=== DIRECTIONS FOR THIS TASK ===
Copy nothing from the entries below except the lines from the one containing "p (raise type_error)" through the one containing "(k : Key) (w : PeerWorker) (e", and copy those exactly.

*** DATASET ***

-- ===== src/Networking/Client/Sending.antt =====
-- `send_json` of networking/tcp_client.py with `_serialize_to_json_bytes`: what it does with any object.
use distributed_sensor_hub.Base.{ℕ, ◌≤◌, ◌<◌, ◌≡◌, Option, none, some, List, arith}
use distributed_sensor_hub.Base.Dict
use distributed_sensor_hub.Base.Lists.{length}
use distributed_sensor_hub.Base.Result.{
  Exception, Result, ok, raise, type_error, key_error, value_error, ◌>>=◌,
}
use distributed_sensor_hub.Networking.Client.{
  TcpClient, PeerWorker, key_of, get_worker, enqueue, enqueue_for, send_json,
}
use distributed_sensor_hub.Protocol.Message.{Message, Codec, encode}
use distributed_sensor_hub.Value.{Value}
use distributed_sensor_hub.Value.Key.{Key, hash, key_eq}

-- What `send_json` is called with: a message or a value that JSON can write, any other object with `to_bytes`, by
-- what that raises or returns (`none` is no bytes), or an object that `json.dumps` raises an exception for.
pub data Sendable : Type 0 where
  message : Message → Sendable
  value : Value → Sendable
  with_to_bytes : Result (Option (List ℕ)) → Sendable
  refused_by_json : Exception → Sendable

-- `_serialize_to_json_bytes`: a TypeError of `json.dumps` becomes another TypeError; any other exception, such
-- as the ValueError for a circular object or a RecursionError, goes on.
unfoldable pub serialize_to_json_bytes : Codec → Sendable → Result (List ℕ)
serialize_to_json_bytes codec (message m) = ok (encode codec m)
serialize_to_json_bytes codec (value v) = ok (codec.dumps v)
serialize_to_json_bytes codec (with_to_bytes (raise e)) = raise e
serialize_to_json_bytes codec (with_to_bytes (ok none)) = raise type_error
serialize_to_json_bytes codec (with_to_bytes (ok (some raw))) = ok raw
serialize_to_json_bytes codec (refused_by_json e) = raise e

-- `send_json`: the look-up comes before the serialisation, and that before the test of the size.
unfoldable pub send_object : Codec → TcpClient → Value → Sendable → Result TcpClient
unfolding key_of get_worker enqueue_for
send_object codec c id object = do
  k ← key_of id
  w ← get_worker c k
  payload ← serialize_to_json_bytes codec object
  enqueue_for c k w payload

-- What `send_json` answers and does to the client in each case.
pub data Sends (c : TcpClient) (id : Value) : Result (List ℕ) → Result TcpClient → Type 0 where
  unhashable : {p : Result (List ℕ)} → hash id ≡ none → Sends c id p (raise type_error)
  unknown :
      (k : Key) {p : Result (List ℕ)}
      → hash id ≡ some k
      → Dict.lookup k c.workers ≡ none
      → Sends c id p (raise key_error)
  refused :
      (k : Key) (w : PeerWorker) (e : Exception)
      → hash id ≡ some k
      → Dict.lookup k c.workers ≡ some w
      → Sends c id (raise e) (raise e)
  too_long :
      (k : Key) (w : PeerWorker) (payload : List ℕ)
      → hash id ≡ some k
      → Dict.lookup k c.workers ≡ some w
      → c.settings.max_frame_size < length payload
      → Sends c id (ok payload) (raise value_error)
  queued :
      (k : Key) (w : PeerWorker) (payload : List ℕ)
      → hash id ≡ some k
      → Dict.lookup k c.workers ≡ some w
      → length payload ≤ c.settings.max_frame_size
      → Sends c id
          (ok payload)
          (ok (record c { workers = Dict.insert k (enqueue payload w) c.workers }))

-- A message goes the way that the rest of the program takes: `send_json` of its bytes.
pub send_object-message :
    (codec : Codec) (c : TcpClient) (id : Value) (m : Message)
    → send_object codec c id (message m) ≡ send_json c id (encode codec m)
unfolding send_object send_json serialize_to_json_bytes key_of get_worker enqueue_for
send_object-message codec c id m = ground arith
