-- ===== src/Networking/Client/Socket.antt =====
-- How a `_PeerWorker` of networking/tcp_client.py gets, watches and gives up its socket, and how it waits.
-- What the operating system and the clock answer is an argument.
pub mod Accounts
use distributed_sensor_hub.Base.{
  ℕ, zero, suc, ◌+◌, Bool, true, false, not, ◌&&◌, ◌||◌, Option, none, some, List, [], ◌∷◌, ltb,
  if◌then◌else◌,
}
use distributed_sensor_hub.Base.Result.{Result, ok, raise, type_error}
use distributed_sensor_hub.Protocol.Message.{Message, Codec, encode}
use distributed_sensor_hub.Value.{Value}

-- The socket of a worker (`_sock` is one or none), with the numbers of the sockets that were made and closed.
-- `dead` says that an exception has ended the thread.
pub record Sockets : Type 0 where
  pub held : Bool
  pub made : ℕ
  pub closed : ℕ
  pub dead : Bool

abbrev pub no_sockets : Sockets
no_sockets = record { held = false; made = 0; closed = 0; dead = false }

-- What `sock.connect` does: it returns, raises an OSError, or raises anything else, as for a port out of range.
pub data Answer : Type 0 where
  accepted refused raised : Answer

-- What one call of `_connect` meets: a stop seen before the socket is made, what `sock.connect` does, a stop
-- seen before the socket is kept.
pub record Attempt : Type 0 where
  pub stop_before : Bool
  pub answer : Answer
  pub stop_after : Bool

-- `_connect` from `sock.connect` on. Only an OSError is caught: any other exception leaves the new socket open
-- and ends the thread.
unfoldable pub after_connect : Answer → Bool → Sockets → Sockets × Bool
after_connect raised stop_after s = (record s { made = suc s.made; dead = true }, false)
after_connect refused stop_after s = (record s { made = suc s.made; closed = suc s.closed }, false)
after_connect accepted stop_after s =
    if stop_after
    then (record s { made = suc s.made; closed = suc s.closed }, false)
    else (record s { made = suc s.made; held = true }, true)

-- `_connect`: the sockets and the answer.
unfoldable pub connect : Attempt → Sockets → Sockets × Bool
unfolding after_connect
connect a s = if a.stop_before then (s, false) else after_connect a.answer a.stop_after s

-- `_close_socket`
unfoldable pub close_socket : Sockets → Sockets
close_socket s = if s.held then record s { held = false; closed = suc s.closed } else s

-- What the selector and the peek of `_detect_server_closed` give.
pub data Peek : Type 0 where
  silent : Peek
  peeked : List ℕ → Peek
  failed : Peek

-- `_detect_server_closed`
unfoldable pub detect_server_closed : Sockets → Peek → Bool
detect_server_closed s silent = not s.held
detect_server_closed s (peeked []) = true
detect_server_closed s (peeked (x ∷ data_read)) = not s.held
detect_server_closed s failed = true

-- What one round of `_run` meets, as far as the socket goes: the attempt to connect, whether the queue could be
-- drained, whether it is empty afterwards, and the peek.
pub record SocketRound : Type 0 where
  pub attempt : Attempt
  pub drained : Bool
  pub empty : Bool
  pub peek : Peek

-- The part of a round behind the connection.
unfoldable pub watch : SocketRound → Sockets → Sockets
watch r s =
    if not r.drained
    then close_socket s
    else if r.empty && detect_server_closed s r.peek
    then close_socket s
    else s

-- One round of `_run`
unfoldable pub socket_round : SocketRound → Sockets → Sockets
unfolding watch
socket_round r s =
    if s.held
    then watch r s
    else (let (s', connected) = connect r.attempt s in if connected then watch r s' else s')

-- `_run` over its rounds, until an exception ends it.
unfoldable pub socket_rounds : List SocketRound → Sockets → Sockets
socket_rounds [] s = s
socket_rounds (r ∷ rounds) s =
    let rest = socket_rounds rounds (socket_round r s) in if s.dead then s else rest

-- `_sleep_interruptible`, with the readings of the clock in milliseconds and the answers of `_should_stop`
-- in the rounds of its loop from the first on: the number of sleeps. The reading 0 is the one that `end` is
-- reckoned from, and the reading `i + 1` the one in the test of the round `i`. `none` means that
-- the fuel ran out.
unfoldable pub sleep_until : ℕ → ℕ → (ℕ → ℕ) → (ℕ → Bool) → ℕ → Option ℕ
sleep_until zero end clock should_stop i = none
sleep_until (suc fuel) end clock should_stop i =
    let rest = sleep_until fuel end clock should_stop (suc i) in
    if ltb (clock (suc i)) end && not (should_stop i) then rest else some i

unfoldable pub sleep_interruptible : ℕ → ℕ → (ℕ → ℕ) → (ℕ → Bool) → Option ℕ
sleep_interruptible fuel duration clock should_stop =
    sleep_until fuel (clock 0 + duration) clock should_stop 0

*** End of DATASET ***

=== SOLUTION FOR THIS EXERCISE ===
  unhashable : {p : Result (List ℕ)} → hash id ≡ none → Sends c id p (raise type_error)
  unknown :
      (k : Key) {p : Result (List ℕ)}
      → hash id ≡ some k
      → Dict.lookup k c.workers ≡ none
      → Sends c id p (raise key_error)
  refused :
      (k : Key) (w : PeerWorker) (e : Exception)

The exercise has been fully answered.